For the last 14 years, she has worked in more than 20 countries for NGOs (including the International Rescue Committee, Unicef and the World Bank’s Water and Sanitation Programme) and the private sector arguing for a more transparent relationship between the for-profit and not-for-profit sectors, advocating the need for businesses to gain growth and profits from engagement in social and health issues in order to build more sustainable, effective interventions, and is a regular commentator in the media on this.
Myriam has presented the results of her research and work at events ranging from the Water Engineering and Development Center in Dhaka, Bangladesh (Sanitation and hygiene education in conflict-affected areas: A Burundian case study) and the World Bank’s Water and Sanitation Forum in Washington, USA (School Sanitation and Hygiene in Uganda: The challenges) to the Health Lions in Cannes, France (The Lifebuoy Story: How Simple Creative Thinking Has Been Saving Lives for 120 Years).
Myriam is one of the only people in the world with a doctorate in public health focused on handwashing with soap (completed in 2006 through the London School of Hygiene and Tropical Medicine). She also has a degree in environmental engineering from McGill University, Canada, a Masters in water and environmental management from Loughborough University, UK and combines her academic pedigree with a serious understanding of driving brands forward to create change and positively impact in the world.
Craig’s bio:
Craig is an author, editor, art director, graphic designer, cartoonist and comic’s historian who has worked with clients like MTV, Microsoft and Mad magazine. He’s best known for his Yoe Studio creative marketing solutions. Today he has a major emphasis creating Yoe Books (with IDW), and Books by Yoe (with various publishers) about the history of comics, cartoonists and pop culture. USA Today called Yoe “the Comic Book genre’s master archeologist!“, ABC TV hails him as “America’s foremost comics historian” and Vice magazine says he’s “the Indiana Jones of comics history!” Yoe has been an adjunct professor at Syracuse University and a popular speaker at conventions, conferences and colleges on creative marketing and on the history of comics. Yoe Studio is located in upstate New York, where Craig works and lives in an old stone castle on 4 wooded acres with his wife and business partner, the editor-designer Clizia Gussoni and their two children, a cat and way too many old mouldy comic books.
Stacie’s bio:
Stacie studied Public Health with an emphasis in Health Behavior, studying changing behaviors. Her work experience and expertise is around School & Adolescent health in both the US and Internationally for the past 14 years. For the Oregon state government Stacie was Co-Coordinator for “Healthy Kids, Learn Better” (HKLB) A Center’s for Disease Control (CDC) funded project integrating and implementing a coordinated school health model with Department of Health and Department of Education. Stacie has worked with 25 countries across Africa, Asia & Latin America while living in India, Nigeria and she currently resides in Nairobi, Kenya.

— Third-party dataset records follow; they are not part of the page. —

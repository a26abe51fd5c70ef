-- ===== src/System/AlertsAnswers.antt =====
-- What a REST client that gets alerts is answered, over the SQLite repository.
use iot_metrics.Base.{
  ◌≡◌, refl, ◌≢◌, ◌⊎◌, inl, inr, ℕ, String, List, [], ◌∷◌, Bool-cases, Option-cases, Option, none,
  some, eq_iff,
}
use iot_metrics.Device.Handlers.{echo_get_device_alerts, written}
use iot_metrics.Device.PageToken.{
  TokenJson, IsTokenJson, encode_page_token, decode_page_token, encoded, decode_page_token-ne-panic,
}
use iot_metrics.Device.Service.{
  World, inside, get_device_alerts, clamp_page_size, request_token, response_token, decoded,
  timeframe_of, pure,
}
use iot_metrics.Device.Types.{RepositoryPageToken, GetDeviceAlertsRequest, GetDeviceAlertsResponse}
use iot_metrics.Device.Validation.{validate_get_device_alerts_req}
use iot_metrics.Device.Validation.Laws.{IsQueryable, validate_get_device_alerts_req_iff}
use iot_metrics.Device.Validation.Rejection.{validate_get_device_alerts_req-IsRejection}
use iot_metrics.Go.Errors.{Error, bad_request, as_bad_request, as_echo_http}
use iot_metrics.Go.Outcome.{Outcome, ok, err, panic, Call, next, return, wrap_error}
use iot_metrics.Http.Response.{
  Response, no_content, json, json_error, Violations, echo_error_middleware, rest_result,
  to_rest_error, rest_error,
}
use iot_metrics.Sqlite.Repository
use iot_metrics.Sqlite.Repository.{
  device_repository, paged, split_peeked, to_alert, cursor, page_params, with_last, peeked,
}
use iot_metrics.Sqlite.Tables.{Db}
use iot_metrics.System.Internal.{IsPlain}
use iot_metrics.System.Answers.{plain_rest}
use text.Mathlib.Text.{◌==◌}
use iot_metrics.System.Harmless.{
  IsHarmless, next-IsHarmless, wrapped-IsHarmless, get_alerts-IsHarmless,
}

-- The page token of a request is empty, or it is decoded.
abbrev pub IsDecodable : TokenJson → String → Type 0
IsDecodable j text = (text ≡ "") ⊎ ((t : RepositoryPageToken) × (decode_page_token j text ≡ ok t))

-- 200 with a page for a request that satisfies `P`, 400 for one that does not; one that does may also
-- meet another error, and then is answered 500 without its cause, or a panic.
abbrev pub IsAlertsAnswer :
    {S : Type 0} → Type 0 → Outcome (Response GetDeviceAlertsResponse) × S → Type 0
IsAlertsAnswer P (ok (no_content n), s) = ⊥
IsAlertsAnswer P (ok (json n page), s) = (n ≡ 200) × P
IsAlertsAnswer P (ok (json_error n body), s) =
    ((n ≡ 400) × (body.code ≡ 400) × (¬ P))
    ⊎ ((n ≡ 500) × (body ≡ record { code = 500; text = "Internal Server Error"; details = [] }) × P)
IsAlertsAnswer P (err e, s) = ⊥
IsAlertsAnswer P (panic, s) = P

-- How the service ends, for a request that satisfies `P` or not.
pub data IsVerdict {S A : Type 0} (P : Type 0) : Outcome A × S → Type 0 where
  done : (a : A) (s : S) → P → IsVerdict P (ok a, s)
  refused : (vs : Violations) (s : S) → ¬ P → IsVerdict P (err (bad_request vs), s)
  failed : (e : Error) (s : S) → IsPlain e → P → IsVerdict P (err e, s)
  crashed : (s : S) → P → IsVerdict P (panic, s)

harmless-IsVerdict : {S A P : Type 0} (x : Outcome A × S) → IsHarmless x.0 → P → IsVerdict P x
harmless-IsVerdict (ok a, s) h p = done a s p
harmless-IsVerdict (err e, s) h p = failed e s h p
harmless-IsVerdict (panic, s) h p = crashed s p

module _ (j : TokenJson)
    (plain : (t : RepositoryPageToken) (e : Error) → j.marshal t ≡ err e → IsPlain e)
    (returns : IsTokenJson j) where
  encode-IsHarmless : (t : RepositoryPageToken) → IsHarmless (encode_page_token j t)
  unfolding encode_page_token
  encode-IsHarmless t = go (j.marshal t) refl
    where
      go : (o : Outcome (List ℕ)) → j.marshal t ≡ o → IsHarmless (encoded o)
      go (ok b) e = tt
      go (err x) e = plain t x e
      go panic e = tt

  response_token-IsHarmless : (t : Option RepositoryPageToken) → IsHarmless (response_token j t)
  unfolding response_token
  response_token-IsHarmless none = tt
  response_token-IsHarmless (some t) = encode-IsHarmless t

  abbrev after_token :
      GetDeviceAlertsRequest → Option RepositoryPageToken → Call (World Db) GetDeviceAlertsResponse
  after_token req token v =
      next
        (wrap_error "get device alerts" (
          inside v (
            Repository.get_device_alerts req.device_id (timeframe_of req)
              (record { size = clamp_page_size req.page_size; token = token }) v.repo)))
        λ page v'.
          next (response_token j page.next_page_token, v')
            λ text. return (record { alerts = page.items; next_page_token = text })

  after_token-IsHarmless :
      (req : GetDeviceAlertsRequest) (token : Option RepositoryPageToken) (w : World Db)
      → IsHarmless (after_token req token w).0
  after_token-IsHarmless req token w =
      next-IsHarmless _ _
        (wrapped-IsHarmless "get device alerts" w _ (
          get_alerts-IsHarmless req.device_id (timeframe_of req) (clamp_page_size req.page_size)
            token w.repo))
        (λ page v.
          next-IsHarmless (response_token j page.next_page_token, v) _
            (response_token-IsHarmless page.next_page_token) (λ text s. tt))

  -- The request token, as the service goes on from it.
  data IsTokenRead (text : String) : Outcome (Option RepositoryPageToken) → Type 0 where
    token_read : (t : Option RepositoryPageToken) → IsDecodable j text → IsTokenRead text (ok t)
    token_bad : ¬ IsDecodable j text → IsTokenRead text (err (bad_request []))

  decoded-IsTokenRead :
      (text : String) (o : Outcome RepositoryPageToken)
      → text ≢ ""
      → o ≢ panic
      → decode_page_token j text ≡ o
      → IsTokenRead text (decoded o)
  decoded-IsTokenRead text (ok t) given h e = token_read (some t) (inr (t, e))
  decoded-IsTokenRead text (err x) given h e = token_bad (not_decodable x e)
    where
      not_decodable : (x : Error) → decode_page_token j text ≡ err x → ¬ IsDecodable j text
      not_decodable x e (inl empty) = given empty
      not_decodable x e (inr (t, is_t)) = cc
  decoded-IsTokenRead text panic given h e = absurd (h refl)

  request_token-IsTokenRead : (text : String) → IsTokenRead text (request_token j text)
  unfolding request_token
  request_token-IsTokenRead text = elim (Bool-cases (text == "")) [
    | inl e ↦ rw e (token_read none (inl ((eq_iff text "").0 e)))
    | inr e ↦ rw e (
        decoded-IsTokenRead text (decode_page_token j text)
          (λ same. cc (e, (eq_iff text "").1 same)) (decode_page_token-ne-panic j returns text)
          refl)
  ]

  token-IsVerdict :
      (req : GetDeviceAlertsRequest) (w : World Db) (o : Outcome (Option RepositoryPageToken))
      → IsQueryable req
      → IsTokenRead req.page_token o
      → IsVerdict (IsQueryable req × IsDecodable j req.page_token) (next (o, w) (after_token req))
  token-IsVerdict req w _ valid (token_read t d) =
      harmless-IsVerdict (after_token req t w) (after_token-IsHarmless req t w) (valid, d)
  token-IsVerdict req w _ valid (token_bad n) = refused [] w (λ h. n h.1)

  pub get_device_alerts-IsVerdict :
      (req : GetDeviceAlertsRequest) (w : World Db)
      → IsVerdict
          (IsQueryable req × IsDecodable j req.page_token)
          (get_device_alerts device_repository j req w)
  unfolding get_device_alerts
  get_device_alerts-IsVerdict req w = elim (Option-cases (validate_get_device_alerts_req req)) [
    | inl e ↦ rw e (
        token-IsVerdict req w (request_token j req.page_token)
          ((validate_get_device_alerts_req_iff req).0 e) (request_token-IsTokenRead req.page_token))
    | inr (e, rejected) ↦
        let (x, xs, same) = validate_get_device_alerts_req-IsRejection req e rejected in
        rw (rejected, same)
          (refused (x ∷ xs) w λ p. cc (rejected, (validate_get_device_alerts_req_iff req).1 p.0))
  ]

  module _ (order : Violations → Violations)
      (encoding_error : GetDeviceAlertsResponse → Option Error)
      (page_plain : (page : GetDeviceAlertsResponse) (e : Error)
        → encoding_error page ≡ some e
        → IsPlain e) where
    written_answer :
        {S P : Type 0} (page : GetDeviceAlertsResponse) (s : S) (failure : Option Error)
        → encoding_error page ≡ failure
        → P
        → IsAlertsAnswer P (rest_result order (written 200 page failure, s))
    written_answer page s none e p = (refl, p)
    written_answer page s (some x) e p =
        rw (plain_rest order x (page_plain page x e)) (inr (refl, refl, p))

    alerts_verdict :
        {S P : Type 0} (x : Outcome GetDeviceAlertsResponse × S)
        → IsVerdict P x
        → IsAlertsAnswer P
            (rest_result order (next x λ page. pure (written 200 page (encoding_error page))))
    unfolding to_rest_error rest_error as_echo_http as_bad_request
    alerts_verdict _ (done a s p) = written_answer a s (encoding_error a) refl p
    alerts_verdict _ (refused vs s n) = inl (refl, refl, n)
    alerts_verdict _ (failed e s h p) = rw (plain_rest order e h) (inr (refl, refl, p))
    alerts_verdict _ (crashed s p) = p

    -- A REST call that gets alerts and whose request binds is answered 400 if the request is not acceptable
    -- or its page token not decodable. Otherwise it is answered 200 with a page, or 500 without the cause,
    -- or it panics, whatever the database holds and whatever fails, if encoding a page token or a page as JSON
    -- fails only with errors that are not about requests.
    pub get_device_alerts-IsAlertsAnswer :
        {C : Type 0} (bind : C → Outcome GetDeviceAlertsRequest) (c : C)
        (req : GetDeviceAlertsRequest) (w : World Db)
        → bind c ≡ ok req
        → IsAlertsAnswer (IsQueryable req × IsDecodable j req.page_token) (
            echo_error_middleware order
              (echo_get_device_alerts device_repository j encoding_error bind)
              c
              w)
    unfolding echo_error_middleware echo_get_device_alerts
    get_device_alerts-IsAlertsAnswer bind c req w bound = rw bound (
        alerts_verdict (get_device_alerts device_repository j req w)
          (get_device_alerts-IsVerdict req w))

In 2011 Stacie joined forces with the Lifebuoy Team and the School of 5 superheroes with a focus on implementation across schools in Lifebuoy’s markets and a specific focus in 8 out of 10 of the countries with the largest number of children dying from diarrhea-related disease. She originally hails from Oklahoma in the USA & loves playing Ultimate Frisbee around the world in her free time!